*Task directions*: Word for word, print all of the entries below.

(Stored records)
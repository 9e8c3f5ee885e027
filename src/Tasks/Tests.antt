-- ===== src/Tasks/Tests.antt =====
-- ThreadPool with one worker and a bound of two.
use network_ydxlib.Base.{ℕ, ◌≡◌, refl, some, false, [], ◌∷◌, true, arith}
use network_ydxlib.Tasks.{ThreadPool, run, take, take_from, stop, is_full}
use network_ydxlib.Tasks.Order
use network_ydxlib.Tasks.Order.{IsOrdered, runs, Reach-IsOrdered}
use network_ydxlib.Tasks.Workers.{
  Workers, Reach, here, next, tests, takes, finishes, test_running, took, finish,
}
use network_ydxlib.Tasks.Once.{accepted-executed}
use mathlib.Core.List.{Perm}
use mathlib.Core.List.Perm

abbrev pool : ThreadPool ℕ
pool = record {
  threads = 1;
  queue = 5 ∷ [];
  max_queue_size = 2;
  running = true;
  accepted = 4 ∷ 5 ∷ [];
  taken = 4 ∷ [];
  inline = [];
}

abbrev fuller : ThreadPool ℕ
fuller = record pool { queue = 5 ∷ 6 ∷ []; accepted = 4 ∷ 5 ∷ 6 ∷ [] }

abbrev later : ThreadPool ℕ
later = record fuller { queue = 6 ∷ []; taken = 4 ∷ 5 ∷ [] }

pool-IsOrdered : IsOrdered pool
pool-IsOrdered = record { fifo = refl; bounded = λ h. omega arith }

run-pool : run 6 pool ≡ some fuller
unfolding run is_full
run-pool = refl

take-fuller : take fuller ≡ some (some 5, later)
unfolding take take_from
take-fuller = refl

Reach-IsOrdered_example : IsOrdered (stop later)
Reach-IsOrdered_example = Reach-IsOrdered pool-IsOrdered (
    Order.next
      (Order.next (Order.next Order.here (runs 6 run-pool)) (Order.takes (some 5) take-fuller))
      Order.stops)

-- The one worker is at the test, and 4 has been run.
abbrev one_worker : Workers ℕ
one_worker = record {
  pool = pool;
  testing = 1;
  taking = 0;
  busy = [];
  ended = 0;
  executed = 4 ∷ [];
}

abbrev after_five : Workers ℕ
after_five = record {
  pool = record pool { queue = []; taken = 4 ∷ 5 ∷ [] };
  testing = 1;
  taking = 0;
  busy = [];
  ended = 0;
  executed = 4 ∷ 5 ∷ [];
}

take-pool : take pool ≡ some (some 5, record pool { queue = []; taken = 4 ∷ 5 ∷ [] })
unfolding take take_from
take-pool = refl

one_worker-Reach : Reach one_worker after_five
unfolding test_running took finish
one_worker-Reach =
    next
      (next (next here (tests (omega arith)))
        (takes (some 5) (record pool { queue = []; taken = 4 ∷ 5 ∷ [] }) (omega arith) take-pool))
      (finishes 5 [] [] refl)

accepted-executed_example : Perm {A = ℕ} (4 ∷ 5 ∷ []) (4 ∷ 5 ∷ []) × ◌≡◌ {A = ℕ} 1 1
accepted-executed_example =
    accepted-executed
      (record { ordered = pool-IsOrdered; once = Perm.refl (4 ∷ []); workers = refl })
      one_worker-Reach

-- Stopped with two tasks in the queue, and the worker gone.
abbrev stopped : Workers ℕ
stopped = record {
  pool = record fuller { running = false };
  testing = 0;
  taking = 0;
  busy = [];
  ended = 1;
  executed = 4 ∷ [];
}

*Answer space*:
repository 9e8c3f5ee885e027
filename src/Tasks/Tests.antt
-- ===== src/Tasks/Tests.antt =====
-- ThreadPool with one worker and a bound of two.
use network_ydxlib.Base.{ℕ, ◌≡◌, refl, some, false, [], ◌∷◌, true, arith}
use network_ydxlib.Tasks.{ThreadPool, run, take, take_from, stop, is_full}
use network_ydxlib.Tasks.Order
use network_ydxlib.Tasks.Order.{IsOrdered, runs, Reach-IsOrdered}
use network_ydxlib.Tasks.Workers.{
  Workers, Reach, here, next, tests, takes, finishes, test_running, took, finish,
}
use network_ydxlib.Tasks.Once.{accepted-executed}
use mathlib.Core.List.{Perm}
use mathlib.Core.List.Perm

abbrev pool : ThreadPool ℕ
pool = record {
  threads = 1;
  queue = 5 ∷ [];
  max_queue_size = 2;
  running = true;
  accepted = 4 ∷ 5 ∷ [];
  taken = 4 ∷ [];
  inline = [];
}

abbrev fuller : ThreadPool ℕ
fuller = record pool { queue = 5 ∷ 6 ∷ []; accepted = 4 ∷ 5 ∷ 6 ∷ [] }

abbrev later : ThreadPool ℕ
later = record fuller { queue = 6 ∷ []; taken = 4 ∷ 5 ∷ [] }

pool-IsOrdered : IsOrdered pool
pool-IsOrdered = record { fifo = refl; bounded = λ h. omega arith }

run-pool : run 6 pool ≡ some fuller
unfolding run is_full
run-pool = refl

take-fuller : take fuller ≡ some (some 5, later)
unfolding take take_from
take-fuller = refl

Reach-IsOrdered_example : IsOrdered (stop later)
Reach-IsOrdered_example = Reach-IsOrdered pool-IsOrdered (
    Order.next
      (Order.next (Order.next Order.here (runs 6 run-pool)) (Order.takes (some 5) take-fuller))
      Order.stops)

-- The one worker is at the test, and 4 has been run.
abbrev one_worker : Workers ℕ
one_worker = record {
  pool = pool;
  testing = 1;
  taking = 0;
  busy = [];
  ended = 0;
  executed = 4 ∷ [];
}

abbrev after_five : Workers ℕ
after_five = record {
  pool = record pool { queue = []; taken = 4 ∷ 5 ∷ [] };
  testing = 1;
  taking = 0;
  busy = [];
  ended = 0;
  executed = 4 ∷ 5 ∷ [];
}

take-pool : take pool ≡ some (some 5, record pool { queue = []; taken = 4 ∷ 5 ∷ [] })
unfolding take take_from
take-pool = refl

one_worker-Reach : Reach one_worker after_five
unfolding test_running took finish
one_worker-Reach =
    next
      (next (next here (tests (omega arith)))
        (takes (some 5) (record pool { queue = []; taken = 4 ∷ 5 ∷ [] }) (omega arith) take-pool))
      (finishes 5 [] [] refl)

accepted-executed_example : Perm {A = ℕ} (4 ∷ 5 ∷ []) (4 ∷ 5 ∷ []) × ◌≡◌ {A = ℕ} 1 1
accepted-executed_example =
    accepted-executed
      (record { ordered = pool-IsOrdered; once = Perm.refl (4 ∷ []); workers = refl })
      one_worker-Reach

-- Stopped with two tasks in the queue, and the worker gone.
abbrev stopped : Workers ℕ
stopped = record {
  pool = record fuller { running = false };
  testing = 0;
  taking = 0;
  busy = [];
  ended = 1;
  executed = 4 ∷ [];
}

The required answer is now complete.